SKELETRACK: Efficient Tracking of Skeleton in Blurry Videos for Human Activity Recognition

Haoran Qi, Zihan Zhang, Farhana H. Zulkernine

Published: 01 Jan 2024, Last Modified: 11 Feb 2025CIoT 2024EveryoneRevisionsBibTeXCC BY-SA 4.0

Abstract: Human pose estimation is the task of predicting body joint locations and orientations of a person in an image or video. This problem has many practical applications in areas such as sports analysis, surveillance, and human activity recognition. However, current state-of-the-art approaches struggle with detecting fast-moving objects as they appear blurry in videos or images, which happens frequently in real-world scenarios.
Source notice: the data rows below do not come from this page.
-- ===== src/Lib.antt =====
-- Verification of the web interface of Haul, a BitTorrent client: the TypeScript under web/ui/src.
-- The server, written in Go, is outside; its replies are inputs.
--
-- How the program is put together. The hooks of web/ui/src/api fetch the server's state through
-- apiFetch and keep it in a cache by query keys; a mutation, or a message on the socket, makes keys
-- stale, and the cache fetches them again. The dashboard filters, sorts and reorders the torrents
-- of that cache; the detail page shows a torrent's pieces, peers and trackers; dialogs add torrents,
-- confirm deletions and clean up; the settings pages edit a copy of the stored settings; the shell
-- holds the pages and adapts to the width of the window.
--
-- Which file models what:
--   Base        tests, lists, integers and texts that all parts share
--   Geometry    lib/pieceBarGeometry.ts: runsToColumns, computeFileSegments, findSegmentAt,
--               diffNewCompletions, pieceIndexToX; the loops are recursions on the rounds left
--   PieceBar    components/torrent/PieceBar.tsx: snapshots, the layers that draw paints, the
--               animation loop as a list of frames (Raf, run_frame, unmount), the tooltip;
--               View is what stands around the canvas
--   Torrents    TorrentInfo of api/torrents.ts and lib/torrentStatus.ts
--   Dashboard   pages/torrents/TorrentList.tsx: matchesStatus, sortTorrents, the filters (View,
--               passing, arranged, filtered), the pills, handleDragEnd, the queue line; Page has the
--               state of the page, its events and the chips, Cards the row of a torrent and the
--               cards of the list, Listing what else is shown, Submodals the dialogs for
--               category, tags and location
--   Upload      pages/torrents/torrentFile.ts and AddModal of TorrentList.tsx (Modal, Step;
--               View is what it shows)
--   Theme       theme.ts with all its presets; the storage and the CSS properties are maps
--   Api         shared/api.ts (Fetch) and the hooks of api/*.ts: each is the request, the key, the
--               polling interval and the keys that its success makes stale (Query, Mutation); Cache
--               lists the changes and the views of torrents
--   Connection  api/websocket.ts: useWebSocket as a state and its events
--   Sync        how the hooks, the socket and the query cache work together: the cache is an
--               interface (QueryCache), a run is a sequence of changes, messages, requests and
--               replies that arrive in any order
--   Confirm     shared/ConfirmDialog.tsx: the promises of confirm and their answers
--   History     pages/activity/ActivityPage.tsx: filters, sorting and paging; Rows has the table,
--               View the rest of what is shown
--   Timeline    pages/activity/ActivityDetailPage.tsx: title, facts, events, link to the requester; View
--               is what is shown
--   Logs        shared/LogViewer.tsx: fetchLogs and the level filter; Live has the live tail, the
--               requests under way and the effects, View what is shown
--   Cleanup     pages/system/Diagnostics.tsx: the state of a DiagnosticCard; Page has the page, the
--               tables and the dialog, History the notices and the undo, and
--               pages/system/CleanupHistory.tsx
--   App         App.tsx: the routes, and the links that lead to them
--   Categories  pages/categories/CategoriesPage.tsx: the form, the deletion and the list
--   Menu        components/torrent/TorrentContextMenu.tsx: the place of the menu; Items has its
--               items and what each sends or asks, Listeners what closes it
--   Detail      pages/torrents/TorrentDetail.tsx and components/torrent/CollapsibleSection.tsx;
--               Peers, Trackers and Stall are PeerList.tsx, TrackerList.tsx and StallCallout.tsx, View and Tables
--               are what is shown
--   Settings    components/settings/SettingsForm.tsx; Fields and Appearance are the cards and the
--               theme section of pages/settings/SettingsPage.tsx, Grid its buttons, Media is
--               pages/media-management/MediaManagementPage.tsx, Health the cards that print reports
--   Formats     shared/utils.ts, lib/format.ts and the local formats of the pages
--   Shell       shared/Shell.tsx with the links of layouts/Shell.tsx, ErrorBoundary, Modal, Pill
-- (paths from web/ui/src). Functions keep their names, written with underscores.
--
-- What stands for other code. Scaling (Geometry) is the division and rounding in floating point,
-- with its values at both ends and its monotony; Geometry.Exact is its instance for exact
-- arithmetic. Platform and the drag kit (Dashboard), Browser (Upload), JSON.parse (Api.Fetch),
-- URLSearchParams (Api), encodeURIComponent, trim, toUpperCase and startsWith are parameters.
-- Logarithm (Formats) is the logarithm and the rounding of formatBytes, Urls (Timeline) the URL class,
-- Clipboard (Detail) what the browser copies.
-- Matching (Api.Cache) is the rule of the query cache that a key matches every key it begins with;
-- QueryCache (Sync) is the cache with its invalidation and its entries, and tells which requests under
-- way an invalidation cancels; Router (App) is the matching of addresses.
--
-- Numbers. Sizes, counts and times are natural numbers; pixels and levels that may fall below 0
-- are integers. The typed arrays of runsToColumns wrap around at 2^32 and are read as signed. The
-- one loop on fuel, binary_from of Upload, has the number of bytes as its fuel, and each round
-- takes 32768 of them.
--
-- Not modelled: the rendering of pages and styles, the mounting of the application, the calls of the
-- platform that only print a date, and the server.
pub mod Base
pub mod Geometry
pub mod PieceBar
pub mod Torrents
pub mod Dashboard
pub mod Theme
pub mod Api
pub mod Upload
pub mod Connection
pub mod Confirm
pub mod History
pub mod Logs
pub mod Cleanup
pub mod Menu
pub mod Settings
pub mod Formats
pub mod Detail
pub mod Timeline
pub mod Shell
pub mod Categories
pub mod Sync
pub mod App
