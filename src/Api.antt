-- ===== src/Api.antt =====
-- web/ui/src/shared/api.ts: what a call of the server returns, and web/ui/src/api/*.ts: the calls,
-- each with its method, its path and the query keys that its success makes stale.
pub mod Types
pub mod Fetch
pub mod Torrents
pub mod Admin
pub mod Activity
pub mod Cache
mod Tests
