-- ===== src/Base/Texts.antt =====
-- Texts: equality, decimal numerals, and the few string operations that the program uses.
use Prim.Native.Nat.{ℕ, zero, suc, ◌/◌, ◌%◌}
use Prim.Native.String.{String, ◌++◌ as ◌<>◌}
use Prim.Native.String.compare
use mathlib.Core.Path.{◌≡◌, refl}
use mathlib.Core.Bool.{Bool, true, false, not, ◌&&◌}
use mathlib.Core.List.{List, [], ◌∷◌}
use Prim.Native.Char.{Char, code}
use mathlib.Core.Option.{Option, none, some}
use text.Mathlib.Text
use haul.Base.Tests.{◌==◌, if◌then◌else◌}
use haul.Base.Lists.{any}

abbrev pub str_eq : String → String → Bool
str_eq s t = Text.◌==◌ s t

-- Whether a text is truthy in JavaScript.
abbrev pub truthy : String → Bool
truthy s = not (str_eq s "")

-- The truth of an optional text: absent and empty are both false.
abbrev pub truthy? : Option String → Bool
truthy? none = false
truthy? (some s) = truthy s

abbrev pub digit : ℕ → String
digit d =
    if d == 0
    then "0"
    else if d == 1
    then "1"
    else if d == 2
    then "2"
    else if d == 3
    then "3"
    else if d == 4
    then "4"
    else if d == 5
    then "5"
    else if d == 6
    then "6"
    else if d == 7
    then "7"
    else if d == 8
    then "8"
    else "9"

show_loop : ℕ → ℕ → String → String
show_loop zero n acc = acc
show_loop (suc fuel) n acc =
    let more = show_loop fuel (n / 10) (digit (n % 10) <> acc) in
    if n / 10 == 0 then digit (n % 10) <> acc else more

-- `String(n)` and `${n}`: the decimal numeral. A number has fewer digits than its value plus one.
unfoldable pub show_nat : ℕ → String
unfolding show_loop
show_nat n = show_loop (suc n) n ""

-- What `charCodeAt` gives at each position, for a text of the basic plane.
abbrev pub code_units : String → List ℕ
code_units String.[] = []
code_units (String.◌∷◌ letter rest) = code letter ∷ code_units rest

-- Whether no text occurs twice.
abbrev pub distinct : List String → Bool
distinct [] = true
distinct (s ∷ ss) = not (any (str_eq s) ss) && distinct ss

pub truthy-cons : (c : Char) (s : String) → truthy (String.◌∷◌ c s) ≡ true
truthy-cons c s = rw (compare.cons-nil c s) refl

-- `s.slice(0, n)`
unfoldable pub first_chars : ℕ → String → String
first_chars zero s = ""
first_chars (suc n) String.[] = ""
first_chars (suc n) (String.◌∷◌ c s) = String.◌∷◌ c (first_chars n s)
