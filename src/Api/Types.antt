-- ===== src/Api/Types.antt =====
-- Requests, query keys and the two kinds of hooks, as @tanstack/react-query takes them.
use haul.Base.{ℕ, Bool, Option, List, String}

-- The values in the bodies of requests.
pub data Json : Type 0 where
  text : String → Json
  texts : List String → Json
  number : ℕ → Json
  flag : Bool → Json
  null : Json
  object : List (String × String) → Json

pub data Method : Type 0 where
  get post put delete : Method

pub record Request : Type 0 where
  pub method : Method
  pub path : String
  pub body : Option (List (String × Json))

-- A part of a query key: a text, a number, or an object of named values.
pub data KeyPart : Type 0 where
  part : String → KeyPart
  count : ℕ → KeyPart
  fields : List (String × Json) → KeyPart

abbrev pub Key : Type 0
Key = List KeyPart

-- `useQuery`: the key, the path that is fetched, whether it is enabled, and the polling interval.
pub record Query : Type 0 where
  pub key : Key
  pub path : String
  pub enabled : Bool
  pub interval : Option ℕ

-- `useMutation`: the request, and the keys that are invalidated on success.
pub record Mutation : Type 0 where
  pub request : Request
  pub stale : List Key
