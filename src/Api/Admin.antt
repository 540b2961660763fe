-- ===== src/Api/Admin.antt =====
-- web/ui/src/api/adminDiagnostics.ts, settings.ts, categories.ts, stats.ts and health.ts.
use haul.Base.{
  ℕ, true, Option, none, some, List, [], ◌∷◌, ◌++◌, String, ◌<>◌, truthy, truthy?, show_nat,
  if◌then◌else◌, ◌==◌,
}
use haul.Api.Types.{
  Json, text, texts, number, flag, object, post, put, delete, Key, part, fields, Query, Mutation,
}

unfoldable pub use_diagnostics : Query
use_diagnostics = record {
  key = part "admin" ∷ part "diagnostics" ∷ [];
  path = "/admin/diagnostics";
  enabled = true;
  interval = some 30000;
}

-- The name is null while the card is closed; `null` in a path reads "null".
abbrev pub name_text : Option String → String
name_text none = "null"
name_text (some name) = name

unfoldable pub use_diagnostic : Option String → Query
use_diagnostic name = record {
  key = part "admin" ∷ part "diagnostics" ∷ part (name_text name) ∷ [];
  path = "/admin/diagnostics/" <> name_text name;
  enabled = truthy? name;
  interval = none;
}

pub data CleanupMode : Type 0 where
  soft hard : CleanupMode

abbrev pub mode_name : CleanupMode → String
mode_name soft = "soft"
mode_name hard = "hard"

-- Either the ids of the rows or all of them.
pub data Targets : Type 0 where
  ids : List String → Targets
  every : Targets

abbrev pub target_field : Targets → String × Json
target_field (ids rows) = ("ids", texts rows)
target_field every = ("all", flag true)

abbrev diagnostics_stale : List Key
diagnostics_stale =
    (part "admin" ∷ part "diagnostics" ∷ [])
    ∷ (part "admin" ∷ part "cleanup-history" ∷ [])
    ∷ (part "torrents" ∷ [])
    ∷ []

unfoldable pub use_cleanup_diagnostic : String → Targets → CleanupMode → Mutation
use_cleanup_diagnostic name targets mode = record {
  request = record {
    method = post;
    path = "/admin/diagnostics/" <> name <> "/cleanup";
    body = some (target_field targets ∷ ("mode", text (mode_name mode)) ∷ []);
  };
  stale = diagnostics_stale;
}

pub record HistoryFilter : Type 0 where
  pub diagnostic : Option String
  pub source_table : Option String
  pub limit : Option ℕ

-- One `params.set`, guarded by the truth of the value.
abbrev pub set_text : String → Option String → List (String × String)
set_text name none = []
set_text name (some v) = if truthy v then (name, v) ∷ [] else []

abbrev pub set_count : String → Option ℕ → List (String × String)
set_count name none = []
set_count name (some n) = if n == 0 then [] else (name, show_nat n) ∷ []

unfoldable pub history_params : HistoryFilter → List (String × String)
history_params f =
    set_text "diagnostic" f.diagnostic
    ++ (set_text "source_table" f.source_table ++ set_count "limit" f.limit)

-- The filter as a part of the key; a filter that is left out counts as the empty object.
abbrev pub filter_fields : HistoryFilter → List (String × Json)
filter_fields f =
    elim f.diagnostic [ none ↦ [] | some d ↦ ("diagnostic", text d) ∷ [] ]
    ++ (elim f.source_table [ none ↦ [] | some t ↦ ("source_table", text t) ∷ [] ]
        ++ elim f.limit [ none ↦ [] | some n ↦ ("limit", number n) ∷ [] ])

-- `URLSearchParams.toString` is the parameter `query_text`.
unfoldable pub use_cleanup_history : (List (String × String) → String) → HistoryFilter → Query
unfolding history_params
use_cleanup_history query_text f =
    let q = query_text (history_params f) in
    record {
      key = part "admin" ∷ part "cleanup-history" ∷ fields (filter_fields f) ∷ [];
      path = "/admin/cleanup-history" <> (if truthy q then "?" <> q else "");
      enabled = true;
      interval = some 30000;
    }

unfoldable pub use_restore_cleanup_history : ℕ → Mutation
use_restore_cleanup_history id = record {
  request = record {
    method = post;
    path = "/admin/cleanup-history/" <> show_nat id <> "/restore";
    body = none;
  };
  stale =
      (part "admin" ∷ part "cleanup-history" ∷ [])
      ∷ (part "admin" ∷ part "diagnostics" ∷ [])
      ∷ (part "torrents" ∷ [])
      ∷ [];
}

unfoldable pub use_purge_cleanup_history : ℕ → Mutation
use_purge_cleanup_history older_than_days = record {
  request = record {
    method = post;
    path = "/admin/cleanup-history/purge";
    body = some (("older_than_days", number older_than_days) ∷ []);
  };
  stale = (part "admin" ∷ part "cleanup-history" ∷ []) ∷ [];
}

unfoldable pub use_settings : Query
use_settings = record {
  key = part "settings" ∷ [];
  path = "/settings";
  enabled = true;
  interval = none;
}

unfoldable pub use_save_settings : List (String × String) → Mutation
use_save_settings settings = record {
  request = record {
    method = put;
    path = "/settings";
    body = some (("settings", object settings) ∷ []);
  };
  stale = (part "settings" ∷ []) ∷ [];
}

unfoldable pub use_categories : Query
use_categories = record {
  key = part "categories" ∷ [];
  path = "/categories";
  enabled = true;
  interval = none;
}

unfoldable pub use_create_category : String → Option String → Mutation
use_create_category name save_path = record {
  request = record {
    method = post;
    path = "/categories";
    body =
        some (
          ("name", text name) ∷ elim save_path [ none ↦ [] | some p ↦ ("save_path", text p) ∷ [] ]);
  };
  stale = (part "categories" ∷ []) ∷ [];
}

unfoldable pub use_delete_category : (String → String) → String → Mutation
use_delete_category encode name = record {
  request = record { method = delete; path = "/categories/" <> encode name; body = none };
  stale = (part "categories" ∷ []) ∷ [];
}

unfoldable pub use_stats : Query
use_stats = record {
  key = part "stats" ∷ [];
  path = "/stats";
  enabled = true;
  interval = some 5000;
}

unfoldable pub use_health : Query
use_health = record {
  key = part "health" ∷ [];
  path = "/health";
  enabled = true;
  interval = some 5000;
}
In this paper, we present the architecture of a top-down multi-person pose estimation framework to address the above problem, specifically, human recognition from blurry videos. Our pipeline can track the spatio-temporal information in the input videos to detect and track human skeletons where object tracking algorithms fail and create an estimated bounding box based on the moving target object’s velocity and direction. We validate our algorithm using the FineGym dataset containing fast moving athletes performing gymnastics for which the current state-of-the-art accuracy in human activity recognition is ${2 5. 2 \%}$. Skeletrack achieves 66.55% Top-1 and 89.36% Top-5 mean accuracy in skeleton based activity recognition on FineGym.